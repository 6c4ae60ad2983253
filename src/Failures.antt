-- ===== src/Failures.antt =====
-- src/evalops/failures/taxonomy.py
use evalops_lab.Common.{String, ◌≡◌, ◌↔◌, Bool, true, false, Option, List, Dict, arith, Eq}

pub data FailureCategory : Type 0 where
  pass retrieval_miss wrong_answer hallucination unsupported_claim : FailureCategory
  wrong_citation incomplete_answer context_conflict should_abstain : FailureCategory
  dataset_ambiguous ground_truth_error hallucination_false_positive : FailureCategory
  hallucination_false_negative partial_span_match evaluator_uncertain : FailureCategory

pub data FailureClass : Type 0 where
  system_failure evaluator_uncertainty dataset_problem : FailureClass

-- The only evidence that the modelled code attaches is a list of document identifiers.
pub record FailureClassification : Type 0 where
  pub category : FailureCategory
  pub failure_class : Option FailureClass
  pub message : String
  pub evidence : Dict String (List String)

abbrev pub category_beq : FailureCategory → FailureCategory → Bool
category_beq pass pass = true
category_beq retrieval_miss retrieval_miss = true
category_beq wrong_answer wrong_answer = true
category_beq hallucination hallucination = true
category_beq unsupported_claim unsupported_claim = true
category_beq wrong_citation wrong_citation = true
category_beq incomplete_answer incomplete_answer = true
category_beq context_conflict context_conflict = true
category_beq should_abstain should_abstain = true
category_beq dataset_ambiguous dataset_ambiguous = true
category_beq ground_truth_error ground_truth_error = true
category_beq hallucination_false_positive hallucination_false_positive = true
category_beq hallucination_false_negative hallucination_false_negative = true
category_beq partial_span_match partial_span_match = true
category_beq evaluator_uncertain evaluator_uncertain = true
category_beq _ _ = false

pub category_beq_iff : (a b : FailureCategory) → (category_beq a b ≡ true) ↔ (a ≡ b)
category_beq_iff a b = ground arith

instance abbrev pub category_eq : Eq FailureCategory
category_eq = record { beq = category_beq; beq_iff = category_beq_iff }
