module _ (queue : Queue Str) where
  open queue use {Q, new, entries}

  -- The configuration `c'` is `c` with what `values` says in place of its values.
  record Set (values : Key → Option Str) (c c' : Config queue) : Type 0 where
    pub log_set : c'.log_set ≡ over (values log) c.log_set log_of
    pub plugin_dir : c'.plugin_dir ≡ over (values plugin_dir) c.plugin_dir (λ s. some s)
    pub addr_flags :
        c'.addr_flags ≡ over (values addr_flags) c.addr_flags (named_flags addr_flags_toks)
    pub notify_flags :
        c'.notify_flags ≡ over (values notify_flags) c.notify_flags (named_flags notify_flags_toks)
    pub default_plugin :
        c'.default_plugin ≡ over (values path_manager) c.default_plugin (λ s. some s)
    pub plugins_to_load :
        loaded queue c'.plugins_to_load
        ≡ over (values load_plugins) (loaded queue c.plugins_to_load) (λ s. some (names s))

  Set-trans :
      (u v : Key → Option Str) (c d e : Config queue)
      → Set u c d
      → Set v d e
      → Set (λ key. or_else (v key) (u key)) c e
  Set-trans u v c d e s t = record {
    log_set =
        t.log_set
        ∙ ap (λ x. over (v log) x log_of) s.log_set
        ∙ sym (over-or_else (v log) (u log) c.log_set log_of);
    plugin_dir =
        t.plugin_dir
        ∙ ap (λ x. over (v plugin_dir) x (λ y. some y)) s.plugin_dir
        ∙ sym (over-or_else (v plugin_dir) (u plugin_dir) c.plugin_dir (λ y. some y));
    addr_flags =
        t.addr_flags
        ∙ ap (λ x. over (v addr_flags) x (named_flags addr_flags_toks)) s.addr_flags
        ∙ sym (over-or_else (v addr_flags) (u addr_flags) c.addr_flags _);
    notify_flags =
        t.notify_flags
        ∙ ap (λ x. over (v notify_flags) x (named_flags notify_flags_toks)) s.notify_flags
        ∙ sym (over-or_else (v notify_flags) (u notify_flags) c.notify_flags _);
    default_plugin =
        t.default_plugin
        ∙ ap (λ x. over (v path_manager) x (λ y. some y)) s.default_plugin
        ∙ sym (over-or_else (v path_manager) (u path_manager) c.default_plugin (λ y. some y));
    plugins_to_load =
        t.plugins_to_load
        ∙ ap (λ x. over (v load_plugins) x (λ y. some (names y))) s.plugins_to_load
        ∙ sym (
            over-or_else (v load_plugins) (u load_plugins) (loaded queue c.plugins_to_load)
              (λ y. some (names y)));
  }

  Set-refl : (c : Config queue) → Set (λ key. none) c c
  Set-refl c = record {
    log_set = refl;
    plugin_dir = refl;
    addr_flags = refl;
    notify_flags = refl;
    default_plugin = refl;
    plugins_to_load = refl;
  }

  loaded-set :
      (s : Str)
      → Takes queue
      → loaded queue (some (push_all queue new (comma_tokens [] s))) ≡ some (names s)
  loaded-set s takes =
      ap some (entries-made queue (comma_tokens [] s) takes ∙ comma_tokens_lem [] s)

  -- One argument that is accepted.
  Parsed : Argument → Config queue → Type 0
  Parsed a c = (c' : Config queue) × (parse_opt queue a c ≡ some c') × Set (λ key. own key a) c c'

  parse_opt-Parsed :
      (a : Argument) (c : Config queue) → Takes queue → accepted a ≡ true → Parsed a c
  unfolding Parsed parse_opt set_plugins_to_load
  parse_opt-Parsed debug c takes ok = (
    c,
    refl,
    record {
      log_set = refl;
      plugin_dir = refl;
      addr_flags = refl;
      notify_flags = refl;
      default_plugin = refl;
      plugins_to_load = refl;
    },
  )
  parse_opt-Parsed (option log s) c takes ok = elim (Option-cases (log_of s)) [
    | inl e ↦ absurd cc
    | inr (f, e) ↦ (
      record c { log_set = some f },
      rw (get_log_set_function_lem s ∙ e, parse_opt) refl,
      record {
        log_set = sym e;
        plugin_dir = refl;
        addr_flags = refl;
        notify_flags = refl;
        default_plugin = refl;
        plugins_to_load = refl;
      },
    )
  ]
  parse_opt-Parsed (option plugin_dir []) c takes ok = absurd cc
  parse_opt-Parsed (option plugin_dir (d ∷ s)) c takes ok = (
    record c { plugin_dir = some (d ∷ s) },
    refl,
    record {
      log_set = refl;
      plugin_dir = refl;
      addr_flags = refl;
      notify_flags = refl;
      default_plugin = refl;
      plugins_to_load = refl;
    },
  )
  parse_opt-Parsed (option path_manager []) c takes ok = absurd cc
  parse_opt-Parsed (option path_manager (d ∷ s)) c takes ok = (
    record c { default_plugin = some (d ∷ s) },
    refl,
    record {
      log_set = refl;
      plugin_dir = refl;
      addr_flags = refl;
      notify_flags = refl;
      default_plugin = refl;
      plugins_to_load = refl;
    },
  )
  parse_opt-Parsed (option addr_flags s) c takes ok = (
    record c { addr_flags = flags_from_string addr_flags_toks s },
    refl,
    record {
      log_set = refl;
      plugin_dir = refl;
      addr_flags = flags_from_string-known_flags addr_flags_toks s addr_words;
      notify_flags = refl;
      default_plugin = refl;
      plugins_to_load = refl;
    },
  )
  parse_opt-Parsed (option notify_flags s) c takes ok = (
    record c { notify_flags = flags_from_string notify_flags_toks s },
    refl,
    record {
      log_set = refl;
      plugin_dir = refl;
      addr_flags = refl;
      notify_flags = flags_from_string-known_flags notify_flags_toks s notify_words;
      default_plugin = refl;
      plugins_to_load = refl;
    },
  )
  parse_opt-Parsed (option load_plugins []) c takes ok = absurd cc
  parse_opt-Parsed (option load_plugins (d ∷ s)) c takes ok = (
    record c { plugins_to_load = some (push_all queue new (comma_tokens [] (d ∷ s))) },
    refl,
    record {
      log_set = refl;
      plugin_dir = refl;
      addr_flags = refl;
      notify_flags = refl;
      default_plugin = refl;
      plugins_to_load = loaded-set (d ∷ s) takes;
    },
  )

  parse_options-Set :
      (arguments : List Argument) (c : Config queue)
      → Takes queue
      → All (λ a. accepted a ≡ true) arguments
      → (c' : Config queue) × (parse_options queue arguments c ≡ some c')
        × Set (λ key. given key arguments) c c'
  unfolding parse_options Parsed
  parse_options-Set [] c takes ok = (c, refl, Set-refl c)
  parse_options-Set (a ∷ rest) c takes ok =
      let (d, now, set) = parse_opt-Parsed a c takes ok.0 in
      let (e, later, sets) = parse_options-Set rest d takes ok.1 in
      (
        e,
        rw (now, parse_options) later,
        Set-trans (λ key. own key a) (λ key. given key rest) c d e set sets,
      )

  -- Where each value of a configuration comes from: the last argument for it, then the settings file,
  -- then the directory of the build. Flags that are 0 count as not set.
  pub record From (arguments : List Argument) (values : Key → Option Str) (dir : Str)
      (m : Config queue) : Type 0 where
    pub log_set :
        m.log_set ≡ or_else (over (given log arguments) none log_of) (over (values log) none log_of)
    pub plugin_dir :
        m.plugin_dir ≡ or_else (given plugin_dir arguments) (or_else (values plugin_dir) (some dir))
    pub addr_flags :
        let first = over (given addr_flags arguments) 0 (named_flags addr_flags_toks) in
        m.addr_flags
        ≡ (if first == 0 then over (values addr_flags) 0 (named_flags addr_flags_toks) else first)
    pub notify_flags :
        let first = over (given notify_flags arguments) 0 (named_flags notify_flags_toks) in
        m.notify_flags ≡ (
          if first == 0
          then over (values notify_flags) 0 (named_flags notify_flags_toks)
          else first)
    pub default_plugin :
        m.default_plugin ≡ or_else (given path_manager arguments) (values path_manager)
    pub plugins_to_load :
        loaded queue m.plugins_to_load
        ≡ or_else
            (over (given load_plugins arguments) none (λ s. some (names s)))
            (over (values load_plugins) none (λ s. some (names s)))

  log_value : (o : Option Str) → get_log_set_function o ≡ over o none log_of
  unfolding get_log_set_function
  log_value none = refl
  log_value (some s) = get_log_set_function_lem s

  flags_value :
      (toks : List Tok) (o : Option Str)
      → All IsWord toks
      → flags_of toks o ≡ over o 0 (named_flags toks)
  flags_value toks none words = refl
  flags_value toks (some s) words = flags_from_string-known_flags toks s words

  names_value :
      (o : Option Str)
      → (elim o as (λ x. Option (List Str)) [ none ↦ none | some s ↦ some (comma_tokens [] s) ])
        ≡ over o none (λ s. some (names s))
  names_value none = refl
  names_value (some s) = ap some (comma_tokens_lem [] s)

  over-some : (o : Option Str) → over o none (λ s. some s) ≡ o
  over-some none = refl
  over-some (some s) = refl

  Merged-From :
      (arguments : List Argument) (values : Key → Option Str) (dir : Str) (c m : Config queue)
      → Set (λ key. given key arguments) (unset queue) c
      → Merged queue c values dir m
      → From arguments values dir m
  Merged-From arguments values dir c m set merged = record {
    log_set = merged.log_set ∙ rw (set.log_set, log_value (values log)) refl;
    plugin_dir =
        merged.plugin_dir
        ∙ ap (λ x. or_else x (or_else (values plugin_dir) (some dir)))
            (set.plugin_dir ∙ over-some (given plugin_dir arguments));
    addr_flags =
        merged.addr_flags
        ∙ rw (set.addr_flags, flags_value addr_flags_toks (values addr_flags) addr_words) refl;
    notify_flags =
        merged.notify_flags
        ∙ rw (set.notify_flags, flags_value notify_flags_toks (values notify_flags) notify_words)
            refl;
    default_plugin =
        merged.default_plugin
        ∙ ap (λ x. or_else x (values path_manager))
            (set.default_plugin ∙ over-some (given path_manager arguments));
    plugins_to_load =
        merged.plugins_to_load
        ∙ ap (or_else (loaded queue c.plugins_to_load)) (names_value (values load_plugins))
        ∙ ap (λ x. or_else x (over (values load_plugins) none (λ s. some (names s))))
            set.plugins_to_load;
  }

  -- A settings file that may be read: a regular one to which not all may write, or one that is not
  -- there.
  abbrev pub Readable : Stat → Type 0
  Readable stat = (stat ≡ found true false) ⊎ (stat ≡ failed 2)

  permitted : (stat : Stat) → Readable stat → check_file_perms stat ≡ true
  unfolding check_file_perms
  permitted stat (inl e) = rw e refl
  permitted stat (inr e) = rw e refl

  -- With arguments none of which is refused, and a settings file that may be read, every value is the
  -- one that the last argument for it says, else that of the settings file, else that of the build,
  -- where flags of 0 count as not set, if the queue takes every entry. The creation then succeeds,
  -- unless plugins to load are set and their list is empty, as it is for a value of commas only: then
  -- a NULL pointer is read.
  pub config_create-From :
      (arguments : List Argument) (file : SettingsFile) (dir : Str)
      → Takes queue
      → All (λ a. accepted a ≡ true) arguments
      → Readable file.stat
      → file.created ≡ true
      → (m : Config queue) × From arguments (value file) dir m
        × (config_create queue dir arguments (file ∷ []) ≡ ended queue m)
  config_create-From arguments file dir takes ok readable created =
      let (c, parsed, set) = parse_options-Set arguments (unset queue) takes ok in
      let (m, merged, made) =
        config_create-Merged queue c arguments file dir takes parsed (permitted file.stat readable)
          created in
      (m, Merged-From arguments (value file) dir c m set merged, made)
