-- ===== src/Realtime/Hub.antt =====
-- `RealtimeHub`, `StreamSubscriber` and `LogFanout` of app/services/realtime.py. A subscriber is shared
-- by the hub and the request that reads it, so the hub holds references and `heap` the subscribers.
use mcmanager.Common.{
  ℕ, suc, String, string_eq, Bool, true, false, not, Option, none, some, List, [], ◌∷◌, ◌++◌, ◌==◌,
  nat_eq, option_eq, if◌then◌else◌, ltb, filter, length, lookup, insert,
}
use mcmanager.Ring.{push_bounded}

-- `StreamEvent`; the data is the text of its JSON
pub record StreamEvent : Type 0 where
  pub sequence : ℕ
  pub event : String
  pub payload : String

-- an entry of a queue: a frame, or the `None` that ends the stream
abbrev pub Entry : Type 0
Entry = Option StreamEvent

-- `StreamSubscriber`
pub record Subscriber : Type 0 where
  pub queue : List Entry
  pub closed : Bool

abbrev pub queue_size : ℕ
queue_size = 200

-- put_nowait: a full queue refuses
abbrev pub put_nowait : Entry → Subscriber → Option Subscriber
put_nowait entry sub =
    if ltb (length sub.queue) queue_size
    then some (record sub { queue = sub.queue ++ entry ∷ [] })
    else none

abbrev or_same : Subscriber → Option Subscriber → Subscriber
or_same sub none = sub
or_same sub (some new) = new

-- `StreamSubscriber.close`
unfoldable pub close : Subscriber → Subscriber
close sub =
    if sub.closed
    then sub
    else let sub' : Subscriber = record sub { closed = true } in or_same sub' (put_nowait none sub')

abbrev put_open : Subscriber → Option Subscriber → Subscriber × Bool
put_open sub none = (close sub, false)
put_open sub (some new) = (new, true)

-- `StreamSubscriber.put`
unfoldable pub put : StreamEvent → Subscriber → Subscriber × Bool
put event sub = if sub.closed then (sub, false) else put_open sub (put_nowait (some event) sub)

-- `RealtimeHub`
pub record Hub : Type 0 where
  pub replay_limit : ℕ
  pub next_sequence : List (String × ℕ)
  pub buffers : List (String × List StreamEvent)
  pub subscribers : List (String × List ℕ)
  pub heap : List (ℕ × Subscriber)
  pub closed : Bool

abbrev pub new_hub : ℕ → Hub
new_hub replay_limit = record {
  replay_limit = replay_limit;
  next_sequence = [];
  buffers = [];
  subscribers = [];
  heap = [];
  closed = false;
}

abbrev pub or_one : Option ℕ → ℕ
or_one none = 1
or_one (some n) = n

abbrev pub or_none {ℓ} : {A : Type ℓ} → Option (List A) → List A
or_none none = []
or_none (some xs) = xs

unfoldable pub buffer_of : String → Hub → List StreamEvent
unfolding lookup
buffer_of stream hub = or_none (lookup stream hub.buffers)

unfoldable pub sequence_of : String → Hub → ℕ
unfolding lookup
sequence_of stream hub = or_one (lookup stream hub.next_sequence)

-- the event's number, and its place in the replay buffer
unfoldable pub record_event : String → StreamEvent → Hub → Hub
unfolding buffer_of insert push_bounded
record_event stream event hub = record hub {
  next_sequence = insert stream (suc event.sequence) hub.next_sequence;
  buffers = insert stream (push_bounded hub.replay_limit (buffer_of stream hub) event) hub.buffers;
}

abbrev pub Heap : Type 0
Heap = List (ℕ × Subscriber)

abbrev put_found : ℕ → StreamEvent → Heap → Option Subscriber → Heap × Bool
put_found id event heap none = (heap, false)
put_found id event heap (some sub) =
    let result = put event sub in (insert id result.0 heap, result.1)

-- `put` on a subscriber that the hub refers to
unfoldable pub put_at : ℕ → StreamEvent → Heap → Heap × Bool
put_at id event heap = put_found id event heap (lookup id heap)

-- the loop of `publish`: the subscribers that took the frame remain
unfoldable pub fan_out : StreamEvent → List ℕ → Heap → Heap × List ℕ
unfolding put_at
fan_out event [] heap = (heap, [])
fan_out event (id ∷ ids) heap =
    let result = put_at id event heap in
    let rest = fan_out event ids result.0 in (rest.0, if result.1 then id ∷ rest.1 else rest.1)

-- `RealtimeHub.publish`
unfoldable pub publish : String → String → String → Hub → Hub × StreamEvent
unfolding sequence_of record_event fan_out lookup insert
publish stream name payload hub =
    let event : StreamEvent = record {
      sequence = sequence_of stream hub;
      event = name;
      payload = payload;
    } in
    let hub' = record_event stream event hub in
    let result = fan_out event (or_none (lookup stream hub.subscribers)) hub.heap in
    (record hub' { heap = result.0; subscribers = insert stream result.1 hub.subscribers }, event)

-- `RealtimeHub.replay`
unfoldable pub replay : String → Option ℕ → Hub → List StreamEvent
unfolding buffer_of
replay stream none hub = buffer_of stream hub
replay stream (some last_event_id) hub =
    filter (λ event. ltb last_event_id event.sequence) (buffer_of stream hub)

unfoldable pub put_all : List StreamEvent → Subscriber → Subscriber
unfolding put
put_all [] sub = sub
put_all (event ∷ events) sub = put_all events (put event sub).0

-- `RealtimeHub.subscribe`, of a new subscriber
unfoldable pub subscribe : ℕ → String → Option ℕ → Hub → Hub
unfolding replay put_all lookup insert
subscribe id stream last_event_id hub = record hub {
  subscribers = insert stream (or_none (lookup stream hub.subscribers) ++ id ∷ []) hub.subscribers;
  heap =
      insert id (put_all (replay stream last_event_id hub) (record { queue = []; closed = false }))
        hub.heap;
}

abbrev close_found : ℕ → Heap → Option Subscriber → Heap
close_found id heap none = heap
close_found id heap (some sub) = insert id (close sub) heap

unfoldable pub close_at : ℕ → Heap → Heap
close_at id heap = close_found id heap (lookup id heap)

abbrev without : ℕ → String → Option (List ℕ) → List (String × List ℕ) → List (String × List ℕ)
without id stream none subscribers = subscribers
without id stream (some ids) subscribers =
    insert stream (filter (λ item. not (item == id)) ids) subscribers

-- `RealtimeHub.unsubscribe`
unfoldable pub unsubscribe : ℕ → String → Hub → Hub
unfolding close_at lookup insert
unsubscribe id stream hub = record hub {
  heap = close_at id hub.heap;
  subscribers = without id stream (lookup stream hub.subscribers) hub.subscribers;
}

-- `RealtimeHub.subscriber_count`
unfoldable pub subscriber_count : String → Hub → ℕ
unfolding lookup
subscriber_count stream hub = length (or_none (lookup stream hub.subscribers))

-- a last frame, and the end of the stream
unfoldable pub end_all : StreamEvent → List ℕ → Heap → Heap
unfolding put_at close_at
end_all event [] heap = heap
end_all event (id ∷ ids) heap = end_all event ids (close_at id (put_at id event heap).0)

unfoldable pub shutdown_streams : List (String × List ℕ) → Hub → Hub
unfolding sequence_of record_event end_all
shutdown_streams [] hub = hub
shutdown_streams ((stream, ids) ∷ more) hub =
    let event : StreamEvent = record {
      sequence = sequence_of stream hub;
      event = "manager.shutdown";
      payload = "{}";
    } in
    let hub' = record_event stream event hub in
    shutdown_streams more (record hub' { heap = end_all event ids hub'.heap })

-- `RealtimeHub.shutdown`
unfoldable pub shutdown : Hub → Hub
unfolding shutdown_streams
shutdown hub =
    if hub.closed
    then hub
    else let hub' = shutdown_streams hub.subscribers (record hub { closed = true }) in
      record hub' { subscribers = [] }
=======
EXERCISE DETAILS -> With the line holding "(m : Config queue) : Type 0 where" as the first and the line holding "log_value none = refl" as the last, please transcribe exactly the lines of the material above in that range and nothing else.

RESULT FOR THIS TASK ->
      (m : Config queue) : Type 0 where
    pub log_set :
        m.log_set ≡ or_else (over (given log arguments) none log_of) (over (values log) none log_of)
    pub plugin_dir :
        m.plugin_dir ≡ or_else (given plugin_dir arguments) (or_else (values plugin_dir) (some dir))
    pub addr_flags :
        let first = over (given addr_flags arguments) 0 (named_flags addr_flags_toks) in
        m.addr_flags
        ≡ (if first == 0 then over (values addr_flags) 0 (named_flags addr_flags_toks) else first)
    pub notify_flags :
        let first = over (given notify_flags arguments) 0 (named_flags notify_flags_toks) in
        m.notify_flags ≡ (
          if first == 0
          then over (values notify_flags) 0 (named_flags notify_flags_toks)
          else first)
    pub default_plugin :
        m.default_plugin ≡ or_else (given path_manager arguments) (values path_manager)
    pub plugins_to_load :
        loaded queue m.plugins_to_load
        ≡ or_else
            (over (given load_plugins arguments) none (λ s. some (names s)))
            (over (values load_plugins) none (λ s. some (names s)))

  log_value : (o : Option Str) → get_log_set_function o ≡ over o none log_of
  unfolding get_log_set_function
  log_value none = refl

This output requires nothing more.